Arbeitsgruppe Dr. Dr. med. Peer-Hendrik Kuhn

Bösartige und gutartige Neoplasien können in verschiedenen Formen im Körper auftreten. Genomische Veränderungen wie zum Beispiel somatische Mutationen, Variationen der Genkopienanzahl oder chromosomale Translokationen spielen bei der Krebsentstehung eine große Rolle und haben einen starken Einfluss auf die Tumorbiologie. Daher wird heutzutage die Analyse des Mutationsstatus eines Tumors intensiv genutzt und wirkt sich immer stärker auf therapeutische Entscheidungen in der Krebsbehandlung aus. Bekannte Beispiele sind die Amplifikation des HER2 (ERBB2) -Gens in bestimmten Brustkrebs-Subtypen oder der Mutationsstatus der epidermalen Wachstumsfaktor-Rezeptor (EGFR) -Kinase-Domäne beim kleinzelligen Lungenkrebs (SCLC). Beide Veränderungen in Kombination mit anderen Mutationen führen zu einer unkontrollierten zellulären Proliferation, einem wichtigen Kennzeichen von Krebs.
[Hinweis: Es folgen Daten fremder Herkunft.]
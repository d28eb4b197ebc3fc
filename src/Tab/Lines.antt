-- ===== src/Tab/Lines.antt =====
-- `load` of File::TabReader on a table whose words are quoted.
use mathlib.Core.List.{append_assoc, append-nil}
use sourcemud.Base.{
  ℕ, ◌+◌, ◌%◌, ◌^◌, ◌≡◌, ◌≢◌, refl, ap, ◌∙◌, sym, true, List, [], ◌∷◌, ◌++◌, arith,
}
use sourcemud.Base.Lists.{All}
use sourcemud.Base.Text.{Text}
use sourcemud.Strings.Chars.{is_print, is_space}
use sourcemud.Tab.{
  TabMode, in_space, in_quote, TabScan, push_some, next_row, tab_ws, tab_word, tab_quote, tab_state,
  tab_byte, tab_bytes, tab_end, load_table,
}

-- A word that can stand in quotes: what can be printed, and no quote.
abbrev pub IsCell : Text → Type 0
IsCell w = All (λ c. (is_print c ≡ true) × (c ≢ b'"')) w

-- A line of quoted words, a space behind each.
abbrev pub row_text : List Text → Text → Text
row_text [] rest = b'\n' ∷ rest
row_text (w ∷ more) rest = b'"' ∷ (w ++ (b'"' ∷ b' ' ∷ row_text more rest))

abbrev pub table_text : List (List Text) → Text
table_text [] = []
table_text (r ∷ rs) = row_text r (table_text rs)

abbrev next_number : ℕ → ℕ
next_number line = (line + 1) % 2 ^ 64

-- The rows that are not empty, with the numbers of their lines.
abbrev pub numbered : ℕ → List (List Text) → List (ℕ × List Text)
numbered line [] = []
numbered line ([] ∷ rs) = numbered (next_number line) rs
numbered line ((w ∷ more) ∷ rs) = (line, w ∷ more) ∷ numbered (next_number line) rs

abbrev scan_at : List (ℕ × List Text) → ℕ → List Text → Text → TabMode → TabScan
scan_at entries line cent cword mode = record {
  entries = entries;
  line = line;
  cent = cent;
  cword = cword;
  mode = mode;
}

tab_byte-quote :
    (c line : ℕ) (e : List (ℕ × List Text)) (cent : List Text) (cword : Text)
    → is_print c ≡ true
    → c ≢ b'"'
    → tab_byte c (scan_at e line cent cword in_quote)
      ≡ scan_at e line cent (cword ++ (c ∷ [])) in_quote
unfolding tab_byte tab_state tab_quote is_print
tab_byte-quote c line e cent cword h k = ground arith

tab_bytes-quote :
    (w rest : Text) (line : ℕ) (e : List (ℕ × List Text)) (cent : List Text) (cword : Text)
    → IsCell w
    → tab_bytes (w ++ rest) (scan_at e line cent cword in_quote)
      ≡ tab_bytes rest (scan_at e line cent (cword ++ w) in_quote)
unfolding tab_bytes
tab_bytes-quote [] rest line e cent cword h =
    ap (λ u. tab_bytes rest (scan_at e line cent u in_quote)) (sym (append-nil cword))
tab_bytes-quote (c ∷ cs) rest line e cent cword h =
    ap (tab_bytes (cs ++ rest)) (tab_byte-quote c line e cent cword h.0.0 h.0.1)
    ∙ tab_bytes-quote cs rest line e cent (cword ++ (c ∷ [])) h.1
    ∙ ap (λ u. tab_bytes rest (scan_at e line cent u in_quote)) (append_assoc cword (c ∷ []) cs)

tab_bytes-row_text :
    (r : List Text) (rest : Text) (line : ℕ) (e : List (ℕ × List Text)) (cent : List Text)
    → All IsCell r
    → tab_bytes (row_text r rest) (scan_at e line cent [] in_space)
      ≡ tab_bytes rest (next_row (push_some (scan_at e line (cent ++ r) [] in_space)))
unfolding tab_bytes tab_byte tab_state tab_ws tab_word tab_quote is_print is_space
tab_bytes-row_text [] rest line e cent h =
    ap (λ u. tab_bytes rest (next_row (push_some (scan_at e line u [] in_space))))
      (sym (append-nil cent))
tab_bytes-row_text (w ∷ r) rest line e cent h =
    tab_bytes-quote w (b'"' ∷ b' ' ∷ row_text r rest) line e cent [] h.0
    ∙ tab_bytes-row_text r rest line e (cent ++ (w ∷ [])) h.1
    ∙ ap (λ u. tab_bytes rest (next_row (push_some (scan_at e line u [] in_space))))
        (append_assoc cent (w ∷ []) r)

tab_bytes-table_text :
    (rs : List (List Text)) (line : ℕ) (e : List (ℕ × List Text))
    → All (All IsCell) rs
    → (line' : ℕ) × (tab_bytes (table_text rs) (scan_at e line [] [] in_space)
        ≡ scan_at (e ++ numbered line rs) line' [] [] in_space)
tab_bytes-table_text [] line e h =
    (line, unfold tab_bytes in ap (λ u. scan_at u line [] [] in_space) (sym (append-nil e)))
tab_bytes-table_text ([] ∷ rs) line e h =
    let (line', same) = tab_bytes-table_text rs (next_number line) e h.1 in
    (line', tab_bytes-row_text [] (table_text rs) line e [] h.0 ∙ same)
tab_bytes-table_text ((w ∷ r) ∷ rs) line e h =
    let (line', same) =
      tab_bytes-table_text rs (next_number line) (e ++ ((line, w ∷ r) ∷ [])) h.1 in
    (
      line',
      tab_bytes-row_text (w ∷ r) (table_text rs) line e [] h.0
          ∙ same
          ∙ ap (λ u. scan_at u line' [] [] in_space)
              (append_assoc e ((line, w ∷ r) ∷ []) (numbered (next_number line) rs)),
    )

-- A table whose words are quoted, each with a space behind it, a row a line, and hold only what can be
-- printed and no quotes, is loaded as its rows that are not empty, with the numbers of their lines.
pub load_table-table_text :
    (rs : List (List Text)) → All (All IsCell) rs → load_table (table_text rs) ≡ numbered 1 rs
unfolding load_table tab_end
load_table-table_text rs h = let (line', same) = tab_bytes-table_text rs 1 [] h in rw same refl
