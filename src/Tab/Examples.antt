-- ===== src/Tab/Examples.antt =====
-- Runs on tables.
use sourcemud.Base.{◌≡◌, refl, List, [], ◌∷◌, arith}
use sourcemud.Base.Text.{Text, codes}
use sourcemud.Strings.Chars.{is_print, is_space}
use sourcemud.Tab.{load_table}
use sourcemud.Tab.Lines.{table_text, numbered, load_table-table_text}

abbrev two_rows : List (List Text)
two_rows = (codes "a b" ∷ codes "" ∷ []) ∷ [] ∷ (codes "c" ∷ []) ∷ []

load_table-table_text_example : load_table (table_text two_rows) ≡ numbered 1 two_rows
load_table-table_text_example = load_table-table_text two_rows (unfold is_print in ground arith)

-- A last line without a newline is lost when a space ends it.
load_table_unterminated : load_table (codes "a b ") ≡ []
unfolding load_table is_print is_space
load_table_unterminated = refl

-- A tab does not separate words.
load_table_tab : load_table (codes "a\tb\n") ≡ (1, codes "ab" ∷ []) ∷ []
unfolding load_table is_print is_space
load_table_tab = refl
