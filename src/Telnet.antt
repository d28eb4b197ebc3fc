-- ===== src/Telnet.antt =====
-- The telnet handler of src/net/telnet.cc and include/net/telnet.h: its output and its input.
pub mod Handler
pub mod Chunk
pub mod Stream
pub mod Input
pub mod Session
pub mod Examples
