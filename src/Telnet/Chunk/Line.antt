-- ===== src/Telnet/Chunk/Line.antt =====
-- What the end of a chunk does to the line.
use sourcemud.Base.{◌≡◌, refl, false, ◌&&◌, inl, inr, some, [], arith}
use sourcemud.Base.Options.{◌>>=◌, >>=-eq-some}
use sourcemud.Base.Tests.{ltb, leb, Bool-cases}
use sourcemud.Telnet.Handler.{Handler}
use sourcemud.Telnet.Chunk.{add32, sub32, output_indent, line_break, send_chunk, end_chunk}

-- At a margin of 0 nothing is indented.
pub output_indent_flat : (h : Handler) → h.margin ≡ 0 → output_indent h ≡ some h
unfolding output_indent
output_indent_flat h flat =
    let at_margin : ltb h.cur_col h.margin ≡ false = ground arith in rw at_margin

sent_hard : (k h' : Handler) → some (send_chunk k) ≡ some h' → h'.io_flags.soft_break ≡ false
unfolding send_chunk
sent_hard k h' e = let same : send_chunk k ≡ h' = cc in rw (← same) refl

-- No soft break is left behind a chunk.
pub end_chunk_hard : (h h' : Handler) → end_chunk h ≡ some h' → h'.io_flags.soft_break ≡ false
unfolding end_chunk
end_chunk_hard h h' e =
    elim (Bool-cases (ltb 0 h.width && leb (sub32 h.width 2) (add32 h.chunkwidth h.cur_col))) [
      | inr short ↦ sent_hard h h' (rw short at e)
      | inl wrap ↦
          let wrapped : output_indent (line_break h) >>= (λ k. some (send_chunk k)) ≡ some h' =
            rw wrap at e in
          let (k, e₁, e₂) = >>=-eq-some (output_indent (line_break h)) _ wrapped in
          sent_hard k h' e₂
    ]

-- At a margin of 0 the end of a chunk has a result in the same state, and an empty chunk at the
-- start of a line leaves the line empty.
pub end_chunk_flat :
    (h : Handler)
    → h.margin ≡ 0
    → (r : Handler) × (end_chunk h ≡ some r)
      × (r.margin ≡ 0)
      × (r.ostate ≡ h.ostate)
      × (r.chunk ≡ [])
      × (h.chunk ≡ [] → h.cur_col ≡ 0 → r.cur_col ≡ 0)
unfolding end_chunk line_break
end_chunk_flat h flat =
    elim (Bool-cases (ltb 0 h.width && leb (sub32 h.width 2) (add32 h.chunkwidth h.cur_col))) [
      | inr short ↦
          (send_chunk h, rw short, flat, refl, refl, λ no_chunk start. rw (no_chunk, start))
      | inl wrap ↦ (
        send_chunk (line_break h),
        rw (wrap, output_indent_flat (line_break h) flat),
        flat,
        refl,
        refl,
        λ no_chunk start. rw no_chunk,
      )
    ]
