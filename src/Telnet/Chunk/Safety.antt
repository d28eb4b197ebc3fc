-- ===== src/Telnet/Chunk/Safety.antt =====
-- The chunk stays within its buffer, and every operation on it has a result.
use sourcemud.Base.{
  ℕ, zero, suc, ◌+◌, ◌-◌, ◌^◌, ◌≤◌, ◌<◌, ◌≡◌, refl, Bool, true, false, ◌&&◌, inl, inr, Option, some,
  [], ◌∷◌, arith,
}
use sourcemud.Base.Lists.{length, take, drop, All, length-append, length-take, length-drop}
use sourcemud.Base.Loops.{loop-Ends}
use sourcemud.Base.Options.{◌>>=◌}
use sourcemud.Base.Tests.{ltb, leb, ◌==◌, if◌then◌else◌, Bool-cases}
use sourcemud.Base.Text.{Text}
use sourcemud.Telnet.Handler.{
  OutputState, ostate_awecode, Handler, IsColor, chunk_buffer_size, max_escape_size,
}
use sourcemud.Telnet.Chunk.{
  add32, sub32, far_left, indent_block, indent_rest, output_indent, line_break, send_chunk,
  end_chunk, store_chunk, end_full_chunk, fill_chunk, add_to_chunk, set_indent,
}

-- How much of the escape buffer is in use; a code of the text's own leaves room for its end.
abbrev pub EscFits : OutputState → ℕ → Type 0
EscFits ostate_awecode n = n < max_escape_size
EscFits _ n = n ≤ max_escape_size

-- At most `n` bytes in the chunk, and every other buffer and table index in range.
abbrev pub Fits : ℕ → Handler → Type 0
Fits n h =
    (length h.chunk ≤ n)
    × (h.margin < 2 ^ 32)
    × All (λ c. c < 24) h.colors
    × (length h.color_set ≡ 16)
    × All IsColor h.color_set
    × EscFits h.ostate (length h.esc_buf)

-- Another chunk in a handler that fits.
refit :
    (n k : ℕ) (h : Handler) (chunk : Text)
    → length chunk ≤ k
    → Fits n h
    → Fits k (record h { chunk = chunk })
refit n k h chunk len (_, margin, colors, size, set, esc) = (len, margin, colors, size, set, esc)

-- A step that has a result, which fits.
abbrev pub Keeps : ℕ → Option Handler → Type 0
Keeps n o = (h : Handler) × (o ≡ some h) × Fits n h

pub Keeps-then :
    (n k : ℕ) (o : Option Handler) (f : Handler → Option Handler)
    → Keeps n o
    → ((h : Handler) → Fits n h → Keeps k (f h))
    → Keeps k (o >>= f)
Keeps-then n k o f (h, e, s) next = let (h', e', s') = next h s in (h', rw e e', s')

pub Keeps-if :
    (n : ℕ) (b : Bool) (o p : Option Handler)
    → (b ≡ true → Keeps n o)
    → (b ≡ false → Keeps n p)
    → Keeps n (if b then o else p)
Keeps-if n true o p then_fits else_fits = then_fits refl
Keeps-if n false o p then_fits else_fits = else_fits refl

-- A round of the indentation comes nearer to the margin.
indent_block_less :
    (h : Handler)
    → h.margin < 2 ^ 32
    → far_left h ≡ true
    → (indent_block h).margin - (indent_block h).cur_col < h.margin - h.cur_col
indent_block_less h m go = ground arith

pub output_indent-Keeps : (n : ℕ) (h : Handler) → Fits n h → Keeps n (output_indent h)
unfolding output_indent
output_indent-Keeps n h s = elim (Bool-cases (ltb h.cur_col h.margin)) [
  | inr at_margin ↦ (h, rw at_margin, s)
  | inl indent ↦
      let (r, e, fits, stop) =
        loop-Ends (Fits n) (λ k. k.margin - k.cur_col) far_left indent_block
          (λ k fits go. (fits, indent_block_less k fits.1 go)) (h.margin + 1) h (omega arith) s in
      (indent_rest r, rw (indent, e), fits)
]

pub end_chunk-Keeps : (n k : ℕ) (h : Handler) → Fits n h → Keeps k (end_chunk h)
unfolding end_chunk
end_chunk-Keeps n k h s =
    elim (Bool-cases (ltb 0 h.width && leb (sub32 h.width 2) (add32 h.chunkwidth h.cur_col))) [
      | inr short ↦ (send_chunk h, rw short, refit n k h [] (omega arith) s)
      | inl wrap ↦
          let (r, e, fits) = output_indent-Keeps n (line_break h) s in
          (send_chunk r, rw (wrap, e), refit n k r [] (omega arith) fits)
    ]

store_chunk_room : (h : Handler) (text : Text) → Fits 31 h → length (store_chunk h text).chunk ≤ 32
unfolding store_chunk
store_chunk_room h text s = ground (
  arith,
  length-append h.chunk (take (chunk_buffer_size - length h.chunk) text),
  length-take (chunk_buffer_size - length h.chunk) text,
)

end_full_chunk-Keeps : (h : Handler) → Fits 32 h → Keeps 31 (end_full_chunk h)
unfolding end_full_chunk
end_full_chunk-Keeps h s = elim (Bool-cases (length h.chunk == chunk_buffer_size)) [
  | inr room ↦ (h, rw room, refit 32 31 h h.chunk (ground arith) s)
  | inl full ↦ let (r, e, fits) = end_chunk-Keeps 32 31 h s in (r, rw full e, fits)
]

fill_chunk-Keeps :
    (fuel : ℕ) (h : Handler) (text : Text)
    → length text ≤ fuel
    → Fits 31 h
    → Keeps 31 (fill_chunk fuel h text)
unfolding fill_chunk
fill_chunk-Keeps fuel h [] room s = (h, refl, s)
fill_chunk-Keeps zero h (c ∷ cs) room s = absurd (omega arith)
fill_chunk-Keeps (suc fuel) h (c ∷ cs) room s =
    Keeps-then 31 31 (end_full_chunk (store_chunk h (c ∷ cs))) _
      (end_full_chunk-Keeps (store_chunk h (c ∷ cs))
        (refit 31 32 h _ (store_chunk_room h (c ∷ cs) s) s))
      (λ k fits.
        fill_chunk-Keeps fuel k (drop (chunk_buffer_size - length h.chunk) (c ∷ cs))
          (omega (arith, length-drop (chunk_buffer_size - length h.chunk) (c ∷ cs), s.0)) fits)

pub add_to_chunk-Keeps : (h : Handler) (text : Text) → Fits 31 h → Keeps 31 (add_to_chunk h text)
unfolding add_to_chunk
add_to_chunk-Keeps h text s =
    Keeps-then 31 31 (output_indent h) _ (output_indent-Keeps 31 h s)
      (λ k fits. fill_chunk-Keeps (length text) k text (omega arith) fits)

pub set_indent-Keeps :
    (h : Handler) (amount : ℕ) → amount < 2 ^ 32 → Fits 31 h → Keeps 31 (set_indent h amount)
unfolding set_indent
set_indent-Keeps h amount lt s =
    Keeps-then 31 31 (end_chunk h) _ (end_chunk-Keeps 31 31 h s) (λ k fits.
      let (len, margin, colors, size, set, esc) = fits in
      (record k { margin = amount }, refl, (len, lt, colors, size, set, esc)))
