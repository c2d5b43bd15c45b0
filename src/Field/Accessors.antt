-- ===== src/Field/Accessors.antt =====
-- src/field.cpp: what a field tells of itself.
use cpp_atmi.Prelude.{ℕ, [], ◌∷◌}
use cpp_atmi.Prelude.Int.{ℤ, pos}
use cpp_atmi.Atmi.Texts.{Text, Texts, num, str, bytes}
use cpp_atmi.Atmi.Fml.{Fml}
use cpp_atmi.Field.{Field}

unfoldable pub id : Field → ℤ
id d = d.id

unfoldable pub name : Field → Text
name d = d.name

unfoldable pub occurence : Field → ℤ
occurence d = d.occurence

-- `_ferror` is 0 from the constructor on: no function changes it.
unfoldable pub error : Field → ℤ
error d = pos 0

-- `setup` does nothing.
unfoldable pub setup : ℤ → Field → Field
setup id d = d

-- `operator=` of the base class.
unfoldable pub assign : Text → Field → Field
assign value d = d

module _ {W : Type 0} (f : Fml W) where
  unfoldable pub tname : Field → Text
  tname d = f.ftype32 d.id

  unfoldable pub number : Field → ℤ
  number d = f.fldno32 d.id

  unfoldable pub type : Field → ℤ
  type d = f.fldtype32 d.id

  -- `field::what`, of a field whose `length ()` is `len`. The conversions stand for insertions into
  -- a stream.
  unfoldable pub what : ⦃t : Texts⦄ → ℕ → Field → Text
  unfolding tname
  what ⦃t⦄ len d =
      t.format (bytes "Fid: %d, occurence: %d, name: %s, len: %d, type: %s.")
        (num d.id ∷ num d.occurence ∷ str d.name ∷ num (pos len) ∷ str (tname d) ∷ [])
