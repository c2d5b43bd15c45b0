-- ===== src/Field/Values.antt =====
-- include/atmi/string_field.hpp and template_field.hpp: the value of a string field as a text, and
-- the construction of a field of a number.
use cpp_atmi.Prelude.{ℕ, ◌++◌, Option, [], ◌∷◌, if◌then◌else◌}
use cpp_atmi.Prelude.Lists.{length, get_elem?}
use cpp_atmi.Atmi.Codes.{Constants}
use cpp_atmi.Atmi.Texts.{Text, Texts, str, num, bytes, c_str}
use cpp_atmi.Atmi.Calls.{Atmi}
use cpp_atmi.Atmi.Fml.{Fml}
use cpp_atmi.Exceptions.{atmi_exception}
use cpp_atmi.Prelude.Int.{ℤ}
use cpp_atmi.Method.{Method, Outcome, ok, err}
use cpp_atmi.Buffer.{text_eqb}
use cpp_atmi.Field.{Field, Site, named, set}

-- `length ()` and `size ()`
unfoldable pub text_length : Field → ℕ
text_length d = length d.value

-- `operator+=`, of a string, of the text in a character array, and of a character
unfoldable pub append_text : Text → Field → Field
append_text s d = record d { value = d.value ++ s }

unfoldable pub append_array : Text → Field → Field
append_array s d = record d { value = d.value ++ c_str s }

unfoldable pub append_char : ℕ → Field → Field
append_char c d = record d { value = d.value ++ c ∷ [] }

-- `operator=`, of the same
unfoldable pub assign_text : Text → Field → Field
assign_text s d = record d { value = s }

unfoldable pub assign_array : Text → Field → Field
assign_array s d = record d { value = c_str s }

unfoldable pub assign_char : ℕ → Field → Field
assign_char c d = record d { value = c ∷ [] }

-- `operator[]`: the character behind the last one is a NUL, and `none` is one behind that.
unfoldable pub text_at : ℕ → Field → Option ℕ
text_at pos d = get_elem? (d.value ++ 0 ∷ []) pos

-- `check_type_match`: `backend` is the name that `typeid` has for the type of the value, and
-- `declared` what `tname ()` returns.
unfoldable pub check_type_match : ⦃t : Texts⦄ → Text → Text → Field → Outcome (Unit {0})
check_type_match backend declared d =
    if text_eqb backend declared
    then ok tt
    else err (
        atmi_exception
          (bytes
            "Tfield [%s] (id: %d) backend value is of type %s and the FML table decalares a type %s.")
          (str d.name ∷ num d.id ∷ str backend ∷ str declared ∷ []))

module _ {W : Type 0} ⦃a : Atmi W⦄ ⦃t : Texts⦄ ⦃f : Fml W⦄ where
  -- `Tfield<T> ( const char *name )`: `zeros` are the bytes of a `T` that is 0.
  unfoldable pub number_field : ⦃k : Constants⦄ → Text → Text → Text → W → Outcome Field × W
  unfolding named check_type_match
  number_field backend zeros name w =
      let (r, w') = named name w in
      elim r [
        | err e ↦ (err e, w')
        | ok d ↦ (
          elim (check_type_match backend (f.ftype32 d.id) d) [
            | err e ↦ err e
            | ok v ↦ ok (record d { value = zeros })
          ],
          w',
        )
      ]

  -- `Tfield<T>::set`
  unfoldable pub set_number : Method Site W ℤ
  unfolding set
  set_number = set

-- `operator=` and the cast of a field of a number: `v` are the bytes of the number.
unfoldable pub assign_number : Text → Field → Text × Field
assign_number v d = (v, record d { value = v })

unfoldable pub number_value : Field → Text
number_value d = d.value

-- `c_str ()` and the cast of a field of a string.
unfoldable pub text_array : Field → Text
text_array d = d.value ++ 0 ∷ []

unfoldable pub text_value : Field → Text
text_value d = d.value

-- src/string_field.cpp: `operator<<`, to a stream that holds `out`.
unfoldable pub put_text : Field → Text → Text
unfolding text_value
put_text d out = out ++ text_value d
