-- ===== src/Field/Identified.antt =====
-- The constructors of fields that take an id, or nothing. They make a std::string from NULL, whose
-- behaviour is undefined: `none`.
use cpp_atmi.Prelude.{Option, none, some, [], ◌∷◌, ◌≡◌, refl, if◌then◌else◌}
use cpp_atmi.Prelude.Int.{ℤ, pos, is_pos}
use cpp_atmi.Atmi.Codes.{Constants}
use cpp_atmi.Atmi.Texts.{Text, Texts, num, bytes}
use cpp_atmi.Atmi.Fml.{Fml}
use cpp_atmi.Exceptions.{atmi_exception, field_exception}
use cpp_atmi.Method.{Outcome, ok, err}
use cpp_atmi.Carray.{Carray}
use cpp_atmi.Field.{Field, check_string_type}
use cpp_atmi.Field.Values.{check_type_match}

-- std::string ( const char * ), and the assignment of a `const char *`
unfoldable pub string_of : Option Text → Option Text
string_of s = s

-- `field ()`
unfoldable pub unset_field : ⦃k : Constants⦄ → Option Field
unfolding string_of
unset_field ⦃k⦄ = elim (string_of none) [
  | none ↦ none
  | some name ↦ some (record { id = k.badfldid; occurence = pos 0; name = name; value = [] })
]

-- `Tfield<T> ()`: `zeros` are the bytes of a `T` that is 0.
unfoldable pub unset_number_field : ⦃k : Constants⦄ → Text → Option Field
unfolding unset_field
unset_number_field zeros = elim unset_field [
  | none ↦ none
  | some d ↦ some (record d { value = zeros })
]

module _ {W : Type 0} ⦃t : Texts⦄ ⦃f : Fml W⦄ where
  -- The body of `field ( FLDID32 id )`: an id is positive, and has a name.
  unfoldable pub name_field : ℤ → Text → W → Option (Outcome Field × W)
  unfolding string_of
  name_field id old w =
      if is_pos id
      then (let (found, w') = f.fname32 id w in
          elim (string_of found) [
            | none ↦ none
            | some [] ↦ some (
              err (
                  field_exception (f.ferror32 w')
                    (bytes
                      "Failed to find the name for field ID %d, check the values of FIELDTBLS32 and FLDTBLDIR32.")
                    (num id ∷ [])),
              w',
            )
            | some (c ∷ name) ↦
                some (ok (record { id = id; occurence = pos 0; name = c ∷ name; value = [] }), w')
          ])
      else some (err (atmi_exception (bytes "Bad field id (id: %d).") (num id ∷ [])), w)

  -- `field ( FLDID32 id )`
  unfoldable pub id_field : ℤ → W → Option (Outcome Field × W)
  unfolding string_of name_field
  id_field id w = elim (string_of none) [ none ↦ none | some name ↦ name_field id name w ]

  -- `Tfield<T> ( FLDID32 field_id )` and `Tfield<std::string> ( FLDID32 fid )`
  unfoldable pub number_field : Text → Text → ℤ → W → Option (Outcome Field × W)
  unfolding id_field check_type_match
  number_field backend zeros id w = elim (id_field id w) [
    | none ↦ none
    | some (err e, w') ↦ some (err e, w')
    | some (ok d, w') ↦ some (
      elim (check_type_match backend (f.ftype32 d.id) d) [
        | err e ↦ err e
        | ok v ↦ ok (record d { value = zeros })
      ],
      w',
    )
  ]

  unfoldable pub string_field : Text → ℤ → W → Option (Outcome Field × W)
  unfolding id_field check_string_type
  string_field backend id w = elim (id_field id w) [
    | none ↦ none
    | some (err e, w') ↦ some (err e, w')
    | some (ok d, w') ↦ some (
      elim (check_string_type backend (f.fldtype32 d.id) (f.ftype32 d.id) d) [
        | err e ↦ err e
        | ok v ↦ ok d
      ],
      w',
    )
  ]

  -- `Tfield<char *> ( FLDID32 fid )`, which checks no type.
  unfoldable pub carray_field : ℤ → W → Option (Outcome Carray × W)
  unfolding id_field
  carray_field id w = elim (id_field id w) [
    | none ↦ none
    | some (err e, w') ↦ some (err e, w')
    | some (ok d, w') ↦
        some (ok (record { field = d; length = 0; buffer_size = 0; value = none }), w')
  ]

-- Whatever the id is, no such construction has a defined behaviour.
pub id_fields-undefined :
    {W : Type 0} ⦃t : Texts⦄ ⦃f : Fml W⦄ ⦃k : Constants⦄ (backend zeros : Text) (id : ℤ) (w : W)
    → (unset_number_field zeros ≡ none)
      × (number_field backend zeros id w ≡ none)
      × (string_field backend id w ≡ none)
      × (carray_field id w ≡ none)
unfolding unset_number_field unset_field number_field string_field carray_field id_field
id_fields-undefined backend zeros id w = (refl, refl, refl, refl)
Beide Mutationen sind heutzutage therapierbar. Während der Nachweis eines amplifizierten HER2-Gens die Behandlung mit dem HER2-spezifischen Antikörper Trastuzumab (Herceptin) auslöst, führt eine Mutation in der EGFR-Kinase-Domäne beim SCLC zur Behandlung mit dem EGFR-Kinase-Inhibitor Erlotinib (Tarceva). Beide Therapien haben das Überleben von Patienten mit dieser Erkrankung verbessert. Doch aufgrund der plastischen Natur von Krebs, können Tumoren schnell diesen Therapien aufgrund von mannigfaltigen Resistenzmechanismen entkommen.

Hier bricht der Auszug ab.